**WHAT YOU SHOULD DO**
Whenever a line in the data contains "else", show that line.

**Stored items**
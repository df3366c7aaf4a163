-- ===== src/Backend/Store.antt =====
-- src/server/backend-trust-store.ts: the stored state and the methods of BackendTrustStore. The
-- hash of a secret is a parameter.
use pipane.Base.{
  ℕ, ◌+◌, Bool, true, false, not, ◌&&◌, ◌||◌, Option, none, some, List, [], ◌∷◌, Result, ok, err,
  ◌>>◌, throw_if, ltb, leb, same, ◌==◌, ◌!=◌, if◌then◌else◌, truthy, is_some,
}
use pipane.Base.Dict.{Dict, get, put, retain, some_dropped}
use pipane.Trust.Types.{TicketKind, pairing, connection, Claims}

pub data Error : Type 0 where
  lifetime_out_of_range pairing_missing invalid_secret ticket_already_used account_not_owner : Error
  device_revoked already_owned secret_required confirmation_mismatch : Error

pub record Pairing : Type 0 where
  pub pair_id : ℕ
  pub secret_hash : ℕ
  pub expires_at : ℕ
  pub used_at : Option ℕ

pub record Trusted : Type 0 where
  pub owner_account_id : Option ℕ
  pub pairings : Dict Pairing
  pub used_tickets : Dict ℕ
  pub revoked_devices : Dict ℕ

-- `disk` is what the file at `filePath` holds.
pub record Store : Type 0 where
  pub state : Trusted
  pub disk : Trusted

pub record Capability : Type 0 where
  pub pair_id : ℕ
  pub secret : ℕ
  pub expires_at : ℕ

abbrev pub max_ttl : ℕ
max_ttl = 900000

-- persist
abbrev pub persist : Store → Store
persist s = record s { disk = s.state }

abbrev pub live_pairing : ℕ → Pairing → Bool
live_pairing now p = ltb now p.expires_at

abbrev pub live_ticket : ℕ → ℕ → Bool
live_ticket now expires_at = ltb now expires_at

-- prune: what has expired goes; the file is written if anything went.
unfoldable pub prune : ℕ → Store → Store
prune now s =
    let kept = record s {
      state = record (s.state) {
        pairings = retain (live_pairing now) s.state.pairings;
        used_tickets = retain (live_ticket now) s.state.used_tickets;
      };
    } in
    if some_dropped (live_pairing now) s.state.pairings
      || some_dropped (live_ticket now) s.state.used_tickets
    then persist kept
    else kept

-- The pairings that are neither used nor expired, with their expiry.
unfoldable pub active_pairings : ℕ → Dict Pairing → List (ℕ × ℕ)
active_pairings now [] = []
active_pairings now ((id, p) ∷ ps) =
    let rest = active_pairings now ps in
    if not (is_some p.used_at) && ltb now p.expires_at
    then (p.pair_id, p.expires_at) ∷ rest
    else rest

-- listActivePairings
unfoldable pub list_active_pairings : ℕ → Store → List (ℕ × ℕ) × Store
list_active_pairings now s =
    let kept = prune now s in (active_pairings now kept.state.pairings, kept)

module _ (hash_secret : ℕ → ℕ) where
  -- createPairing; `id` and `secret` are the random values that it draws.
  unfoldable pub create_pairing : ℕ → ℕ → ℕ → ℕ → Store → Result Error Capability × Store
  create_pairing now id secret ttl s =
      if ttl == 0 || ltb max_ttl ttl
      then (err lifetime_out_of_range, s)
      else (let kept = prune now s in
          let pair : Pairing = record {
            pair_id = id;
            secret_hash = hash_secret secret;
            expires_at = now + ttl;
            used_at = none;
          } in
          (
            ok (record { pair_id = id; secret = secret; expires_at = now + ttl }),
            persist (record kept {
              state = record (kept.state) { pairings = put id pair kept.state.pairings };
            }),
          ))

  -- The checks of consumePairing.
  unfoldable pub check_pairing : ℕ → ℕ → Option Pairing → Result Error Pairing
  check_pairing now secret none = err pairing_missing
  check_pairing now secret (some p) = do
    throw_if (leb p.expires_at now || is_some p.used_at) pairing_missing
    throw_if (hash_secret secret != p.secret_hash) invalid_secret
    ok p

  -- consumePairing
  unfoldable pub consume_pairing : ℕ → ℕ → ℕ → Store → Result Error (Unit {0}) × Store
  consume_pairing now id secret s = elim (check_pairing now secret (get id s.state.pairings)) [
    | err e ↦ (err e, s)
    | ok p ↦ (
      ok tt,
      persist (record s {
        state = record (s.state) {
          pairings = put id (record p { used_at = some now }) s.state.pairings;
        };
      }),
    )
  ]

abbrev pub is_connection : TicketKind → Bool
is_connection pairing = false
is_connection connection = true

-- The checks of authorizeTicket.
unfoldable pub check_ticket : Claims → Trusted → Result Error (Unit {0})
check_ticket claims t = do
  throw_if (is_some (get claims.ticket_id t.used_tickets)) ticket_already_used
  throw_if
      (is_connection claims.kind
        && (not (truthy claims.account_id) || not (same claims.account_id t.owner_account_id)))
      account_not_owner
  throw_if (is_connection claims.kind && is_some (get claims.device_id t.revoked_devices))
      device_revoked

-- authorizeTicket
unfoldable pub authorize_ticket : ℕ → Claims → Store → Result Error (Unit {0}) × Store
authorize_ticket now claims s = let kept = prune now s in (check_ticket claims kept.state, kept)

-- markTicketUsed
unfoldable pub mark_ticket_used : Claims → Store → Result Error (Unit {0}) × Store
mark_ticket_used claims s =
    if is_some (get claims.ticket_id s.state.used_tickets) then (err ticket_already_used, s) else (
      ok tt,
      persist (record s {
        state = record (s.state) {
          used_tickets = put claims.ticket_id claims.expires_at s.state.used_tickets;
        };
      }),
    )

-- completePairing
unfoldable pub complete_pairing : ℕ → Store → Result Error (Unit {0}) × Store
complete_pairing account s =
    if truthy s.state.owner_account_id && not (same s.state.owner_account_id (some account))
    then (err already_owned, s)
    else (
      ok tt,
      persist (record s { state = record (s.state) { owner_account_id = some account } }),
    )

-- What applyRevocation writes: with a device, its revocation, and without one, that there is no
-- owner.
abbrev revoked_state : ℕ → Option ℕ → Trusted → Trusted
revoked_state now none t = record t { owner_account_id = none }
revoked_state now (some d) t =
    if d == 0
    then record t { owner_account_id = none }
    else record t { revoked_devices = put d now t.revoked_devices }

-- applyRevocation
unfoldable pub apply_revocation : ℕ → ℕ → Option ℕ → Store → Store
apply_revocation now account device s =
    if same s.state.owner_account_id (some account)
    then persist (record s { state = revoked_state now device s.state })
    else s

==

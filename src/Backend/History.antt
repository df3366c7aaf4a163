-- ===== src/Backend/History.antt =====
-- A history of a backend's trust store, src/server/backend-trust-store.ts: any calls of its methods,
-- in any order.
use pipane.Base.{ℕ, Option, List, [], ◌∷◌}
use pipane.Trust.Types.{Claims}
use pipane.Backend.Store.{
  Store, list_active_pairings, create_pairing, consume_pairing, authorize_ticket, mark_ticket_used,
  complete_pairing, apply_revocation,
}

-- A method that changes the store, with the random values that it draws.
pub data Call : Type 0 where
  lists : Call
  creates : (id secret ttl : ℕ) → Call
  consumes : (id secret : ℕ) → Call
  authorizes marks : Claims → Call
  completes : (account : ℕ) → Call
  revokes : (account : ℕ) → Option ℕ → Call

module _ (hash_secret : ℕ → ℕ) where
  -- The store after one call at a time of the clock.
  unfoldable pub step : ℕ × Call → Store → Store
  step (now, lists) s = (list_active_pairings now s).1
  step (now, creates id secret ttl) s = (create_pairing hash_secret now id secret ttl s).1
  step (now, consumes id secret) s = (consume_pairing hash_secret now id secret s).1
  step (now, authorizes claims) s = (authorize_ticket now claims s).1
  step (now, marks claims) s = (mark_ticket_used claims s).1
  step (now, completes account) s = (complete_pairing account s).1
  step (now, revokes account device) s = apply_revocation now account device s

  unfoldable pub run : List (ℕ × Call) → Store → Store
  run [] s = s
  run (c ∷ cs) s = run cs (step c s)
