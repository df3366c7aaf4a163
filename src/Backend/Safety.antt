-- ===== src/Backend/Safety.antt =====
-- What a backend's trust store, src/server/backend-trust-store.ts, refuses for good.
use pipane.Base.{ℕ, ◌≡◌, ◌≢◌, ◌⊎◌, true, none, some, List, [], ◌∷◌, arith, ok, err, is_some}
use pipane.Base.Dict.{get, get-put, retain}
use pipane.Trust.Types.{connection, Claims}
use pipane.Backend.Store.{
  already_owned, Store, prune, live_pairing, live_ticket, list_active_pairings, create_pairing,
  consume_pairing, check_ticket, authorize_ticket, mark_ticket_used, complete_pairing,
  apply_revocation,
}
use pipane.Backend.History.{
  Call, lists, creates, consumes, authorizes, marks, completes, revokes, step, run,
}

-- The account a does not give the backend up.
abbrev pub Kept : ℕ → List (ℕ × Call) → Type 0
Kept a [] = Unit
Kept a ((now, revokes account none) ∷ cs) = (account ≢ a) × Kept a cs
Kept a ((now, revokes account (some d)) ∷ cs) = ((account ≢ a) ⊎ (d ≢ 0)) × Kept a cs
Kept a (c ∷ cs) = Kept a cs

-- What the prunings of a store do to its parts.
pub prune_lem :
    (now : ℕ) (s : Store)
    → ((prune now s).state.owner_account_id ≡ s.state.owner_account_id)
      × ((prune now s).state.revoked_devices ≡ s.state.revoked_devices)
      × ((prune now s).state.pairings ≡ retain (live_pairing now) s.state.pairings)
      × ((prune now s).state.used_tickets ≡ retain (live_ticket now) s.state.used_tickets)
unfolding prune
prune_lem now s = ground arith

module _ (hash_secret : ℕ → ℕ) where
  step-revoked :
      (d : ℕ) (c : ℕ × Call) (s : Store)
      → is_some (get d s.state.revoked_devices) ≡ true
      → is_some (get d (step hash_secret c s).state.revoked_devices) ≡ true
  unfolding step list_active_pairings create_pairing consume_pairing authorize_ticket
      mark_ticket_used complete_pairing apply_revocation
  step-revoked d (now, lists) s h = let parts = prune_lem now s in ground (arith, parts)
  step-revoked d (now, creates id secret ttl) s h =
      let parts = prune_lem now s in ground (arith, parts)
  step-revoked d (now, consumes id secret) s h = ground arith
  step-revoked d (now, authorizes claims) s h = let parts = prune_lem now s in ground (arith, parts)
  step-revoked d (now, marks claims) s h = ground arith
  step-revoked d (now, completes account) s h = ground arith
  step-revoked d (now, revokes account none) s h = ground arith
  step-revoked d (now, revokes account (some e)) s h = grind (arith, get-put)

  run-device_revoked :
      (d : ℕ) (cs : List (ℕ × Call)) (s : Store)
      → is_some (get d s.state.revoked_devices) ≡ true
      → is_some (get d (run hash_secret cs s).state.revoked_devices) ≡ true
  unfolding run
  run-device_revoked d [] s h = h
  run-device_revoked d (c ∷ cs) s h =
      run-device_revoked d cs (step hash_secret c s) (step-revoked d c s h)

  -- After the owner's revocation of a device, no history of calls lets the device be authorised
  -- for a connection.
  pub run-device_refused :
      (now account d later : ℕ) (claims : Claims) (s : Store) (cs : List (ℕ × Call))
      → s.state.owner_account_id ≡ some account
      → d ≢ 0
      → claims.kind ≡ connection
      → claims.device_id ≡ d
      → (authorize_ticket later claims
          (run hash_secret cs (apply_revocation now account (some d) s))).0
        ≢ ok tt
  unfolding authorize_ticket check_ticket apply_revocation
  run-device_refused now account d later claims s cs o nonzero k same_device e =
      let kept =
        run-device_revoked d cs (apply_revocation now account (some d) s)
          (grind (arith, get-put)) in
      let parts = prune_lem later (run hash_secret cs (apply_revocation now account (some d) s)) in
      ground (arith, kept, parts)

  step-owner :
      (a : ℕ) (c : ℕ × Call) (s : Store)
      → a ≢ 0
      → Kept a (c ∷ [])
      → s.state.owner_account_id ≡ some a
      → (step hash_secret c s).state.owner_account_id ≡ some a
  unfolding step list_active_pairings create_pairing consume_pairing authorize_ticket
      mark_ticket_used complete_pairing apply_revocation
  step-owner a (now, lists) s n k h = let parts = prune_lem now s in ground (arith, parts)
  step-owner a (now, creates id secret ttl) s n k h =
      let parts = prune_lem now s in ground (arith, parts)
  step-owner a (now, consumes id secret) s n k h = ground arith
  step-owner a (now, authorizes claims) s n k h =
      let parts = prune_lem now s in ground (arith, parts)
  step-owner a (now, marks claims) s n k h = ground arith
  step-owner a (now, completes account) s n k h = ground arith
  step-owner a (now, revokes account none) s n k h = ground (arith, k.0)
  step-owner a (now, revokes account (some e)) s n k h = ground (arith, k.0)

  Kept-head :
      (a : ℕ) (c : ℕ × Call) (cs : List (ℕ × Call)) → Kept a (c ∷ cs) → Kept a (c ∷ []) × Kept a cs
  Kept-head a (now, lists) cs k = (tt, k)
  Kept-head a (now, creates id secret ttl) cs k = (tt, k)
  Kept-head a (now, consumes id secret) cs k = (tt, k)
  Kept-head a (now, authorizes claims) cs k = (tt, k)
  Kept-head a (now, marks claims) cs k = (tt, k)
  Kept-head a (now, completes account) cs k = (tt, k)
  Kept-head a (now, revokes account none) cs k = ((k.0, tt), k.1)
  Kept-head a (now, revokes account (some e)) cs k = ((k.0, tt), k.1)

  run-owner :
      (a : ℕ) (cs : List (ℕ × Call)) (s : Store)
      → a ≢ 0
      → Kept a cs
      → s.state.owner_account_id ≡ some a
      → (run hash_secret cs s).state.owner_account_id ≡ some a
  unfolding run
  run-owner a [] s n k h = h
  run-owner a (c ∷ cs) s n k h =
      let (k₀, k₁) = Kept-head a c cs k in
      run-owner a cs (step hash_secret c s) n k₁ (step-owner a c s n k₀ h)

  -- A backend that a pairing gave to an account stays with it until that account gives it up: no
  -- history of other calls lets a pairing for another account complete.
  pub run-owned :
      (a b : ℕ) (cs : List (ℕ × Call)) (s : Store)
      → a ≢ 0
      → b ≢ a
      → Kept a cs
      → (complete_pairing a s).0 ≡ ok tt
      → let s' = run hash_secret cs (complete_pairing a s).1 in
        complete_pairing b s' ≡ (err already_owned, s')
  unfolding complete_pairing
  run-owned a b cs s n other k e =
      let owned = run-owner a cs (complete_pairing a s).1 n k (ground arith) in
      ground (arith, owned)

**EXERCISE RESPONSE**
  ◌>>◌, throw_if, ltb, leb, same, ◌==◌, ◌!=◌, if◌then◌else◌, truthy, is_some,
    else kept
    else rest
      else (let kept = prune now s in
    if is_some (get claims.ticket_id s.state.used_tickets) then (err ticket_already_used, s) else (
    else (
    else record t { revoked_devices = put d now t.revoked_devices }
    else s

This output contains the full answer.